| TRY IT |
Copy out the lines of the records below, and only those lines, from the one with "new_system-IsTable n = tt" through the one with "(x : String) (t : UploadTask) (d", exactly as they appear.

(Stored items from a collection)

= = = =

-- ===== src/Uploads/History.antt =====
-- The life of an upload task over any steps, and the bound on the finished ones
-- (src/thumbelina/rag/pipeline/upload_tasks.py).
use thumbelina.Prelude.{
  ℕ, suc, ◌-◌, ◌≤◌, String, true, false, none, some, [], Dict, Option, lookup, insert,
  lookup-insert, arith, eq_refl, length, ◌≡◌, refl, if_both,
}
use thumbelina.Uploads.{
  UploadStatus, UploadTask, UploadTaskManager, Outcome, is_terminal, is_pending, finished_of,
  evict_finished, max_finished_tasks, new_task, create, remove, cancel, cancel_found, cancel_active,
  active_in, cancel_by_kb, set_result, run_enter, try_start, run_end, finalize, status_of, error_of,
}
use thumbelina.Uploads.Table.{IsTable, insert-IsTable, lookup-id, lookup-evict_finished}
use thumbelina.Uploads.Statuses.{
  Later, Follows, start_file-Follows, mark_file_done-Follows, update_progress-Follows,
  set_result-Follows, finalize-Follows, start_found-Follows, Follows-refl, pending_active,
}
use thumbelina.Uploads.Withdrawn.{
  remove-Follows, create-Follows, cancel-Withdraws, cancel_each-Withdraws,
}
use thumbelina.Uploads.Finished.{evict_finished_bound}
use thumbelina.Uploads.Steps.{
  System, Step, Steps, here, next, creates, removes, cancels, cancels_all, starts_file, marks_file,
  progresses, sets_result, run_waits, run_enters, run_ends,
}

-- `UploadTaskManager(max_concurrent)`
abbrev pub new_manager : ℕ → UploadTaskManager
new_manager max_concurrent = record {
  tasks = [];
  permits = max_concurrent;
  is_set = λ i. false;
  next_event = 0;
}

abbrev pub new_system : ℕ → System
new_system max_concurrent = record {
  manager = new_manager max_concurrent;
  waiting = [];
  workers = [];
}

-- the semaphore is no part of what a task's history is about
with_permits :
    (s s' : UploadTaskManager) (n : ℕ) → Follows s s' → Follows s (record s' { permits = n })
unfolding Later
with_permits s s' n f = record {
  table = λ h. f.table h;
  later = λ x t h e. same (lookup x s'.tasks) t (f.later x t h e);
}
  where
    same :
        (o : Option UploadTask) (t : UploadTask)
        → Later s s' t o
        → Later s (record s' { permits = n }) t o
    same none t l = l
    same (some u) t l = l

run_enter-Follows : (id : String) (s : UploadTaskManager) → Follows s (run_enter id s).1
unfolding run_enter try_start
run_enter-Follows id s =
    let r = try_start id s in
    let f = start_found-Follows id (lookup id s.tasks) s refl in
    if_both (Follows s) r.0 (with_permits s r.1 (r.1.permits - 1) f) f

run_end-Follows :
    (id : String) (outcome : Outcome) (s : UploadTaskManager) → Follows s (run_end id outcome s)
unfolding run_end
run_end-Follows id outcome s =
    let s' = finalize id (status_of outcome) (error_of outcome) s in
    with_permits s s' (suc s'.permits) (finalize-Follows id outcome (error_of outcome) s)

Step-Follows : {s s' : System} → Step s s' → Follows s.manager s'.manager
unfolding remove set_result cancel_by_kb
Step-Follows {s} (creates id kb_id kind label total_files now e) =
    create-Follows id kb_id kind label total_files now s.manager e
Step-Follows {s} (removes id) = remove-Follows id (lookup id s.manager.tasks) s.manager refl
Step-Follows {s} (cancels id) = (cancel-Withdraws id s.manager).follows
Step-Follows {s} (cancels_all kb_id) =
    (cancel_each-Withdraws (active_in kb_id s.manager.tasks) s.manager).follows
Step-Follows {s} (starts_file id index filename) = start_file-Follows id index filename s.manager
Step-Follows {s} (marks_file id) = mark_file_done-Follows id s.manager
Step-Follows {s} (progresses id e) = update_progress-Follows id e s.manager
Step-Follows {s} (sets_result id r) =
    set_result-Follows id r (lookup id s.manager.tasks) s.manager refl
Step-Follows {s} (run_waits id h) = Follows-refl s.manager
Step-Follows {s} (run_enters id before after h k) = run_enter-Follows id s.manager
Step-Follows {s} (run_ends id before after outcome h) = run_end-Follows id outcome s.manager

Steps-IsTable : {s s' : System} → Steps s s' → IsTable s.manager.tasks → IsTable s'.manager.tasks
Steps-IsTable here h = h
Steps-IsTable (next r st) h = (Step-Follows st).table (Steps-IsTable r h)

new_system-IsTable : (n : ℕ) → IsTable (new_system n).manager.tasks
unfolding IsTable
new_system-IsTable n = tt

-- What any step makes of a task in any state that steps lead to from a new manager: a finished task
-- keeps its status or leaves the table; another one leaves it only with its cancel event set; none
-- comes back to the queue; one is started only from the queue with its cancel event clear.
pub life_cycle :
    (n : ℕ) (s s' : System) (x : String) (t : UploadTask)
    → Steps (new_system n) s
    → Step s s'
    → lookup x s.manager.tasks ≡ some t
    → Later s.manager s'.manager t (lookup x s'.manager.tasks)
life_cycle n s s' x t r st e =
    (Step-Follows st).later x t (Steps-IsTable r (new_system-IsTable n)) e

cancel_bound :
    (x : String) (t : UploadTask) (s : UploadTaskManager)
    → IsTable s.tasks
    → lookup x s.tasks ≡ some t
    → is_pending t.status ≡ true
    → length (finished_of (cancel_found x (some t) s).1.tasks) ≤ max_finished_tasks
unfolding cancel_found cancel_active
cancel_bound x t s h e p =
    let u : UploadTask = record t { status = UploadStatus.cancelled; stage = "done" } in
    rw (pending_active t.status p, p)
      (evict_finished_bound (insert x u s.tasks)
        (insert-IsTable x u s.tasks (lookup-id x t s.tasks h e) h))

create_present :
    (x : String) (t : UploadTask) (d : Dict UploadTask)
    → IsTable (insert x t d)
    → is_terminal t.status ≡ false
    → lookup x (evict_finished (insert x t d)) ≡ some t
create_present x t d h active =
    ground
      (arith, lookup-evict_finished x t (insert x t d) h, lookup-insert x x t d, eq_refl x, active)

-- In any state that steps lead to from a new manager, the creation of a task puts it into
-- the table and leaves at most 50 finished ones, and so many are left by the cancellation of a task of the queue.
pub finished_bound :
    (n : ℕ) (s : System) (id kb_id kind label : String) (total_files now : ℕ)
    → Steps (new_system n) s
    → let m = s.manager in
      let (task, m') = create id kb_id kind label total_files now m in
      (lookup id m'.tasks ≡ some task)
      × (length (finished_of m'.tasks) ≤ max_finished_tasks)
      × ((x : String) (t : UploadTask)
          → lookup x m.tasks ≡ some t
          → is_pending t.status ≡ true
          → length (finished_of (cancel x m).1.tasks) ≤ max_finished_tasks)
unfolding create cancel is_terminal
finished_bound n s id kb_id kind label total_files now r =
    let m = s.manager in
    let h = Steps-IsTable r (new_system-IsTable n) in
    let task = new_task id kb_id kind label total_files now m.next_event in
    let grown = insert-IsTable id task m.tasks refl h in
    (
      create_present id task m.tasks grown refl,
      evict_finished_bound (insert id task m.tasks) grown,
      λ x t e p. rw e (cancel_bound x t m h e p),
    )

= = = =

| WRITTEN ANSWER |
new_system-IsTable n = tt

-- What any step makes of a task in any state that steps lead to from a new manager: a finished task
-- keeps its status or leaves the table; another one leaves it only with its cancel event set; none
-- comes back to the queue; one is started only from the queue with its cancel event clear.
pub life_cycle :
    (n : ℕ) (s s' : System) (x : String) (t : UploadTask)
    → Steps (new_system n) s
    → Step s s'
    → lookup x s.manager.tasks ≡ some t
    → Later s.manager s'.manager t (lookup x s'.manager.tasks)
life_cycle n s s' x t r st e =
    (Step-Follows st).later x t (Steps-IsTable r (new_system-IsTable n)) e

cancel_bound :
    (x : String) (t : UploadTask) (s : UploadTaskManager)
    → IsTable s.tasks
    → lookup x s.tasks ≡ some t
    → is_pending t.status ≡ true
    → length (finished_of (cancel_found x (some t) s).1.tasks) ≤ max_finished_tasks
unfolding cancel_found cancel_active
cancel_bound x t s h e p =
    let u : UploadTask = record t { status = UploadStatus.cancelled; stage = "done" } in
    rw (pending_active t.status p, p)
      (evict_finished_bound (insert x u s.tasks)
        (insert-IsTable x u s.tasks (lookup-id x t s.tasks h e) h))

create_present :
    (x : String) (t : UploadTask) (d : Dict UploadTask)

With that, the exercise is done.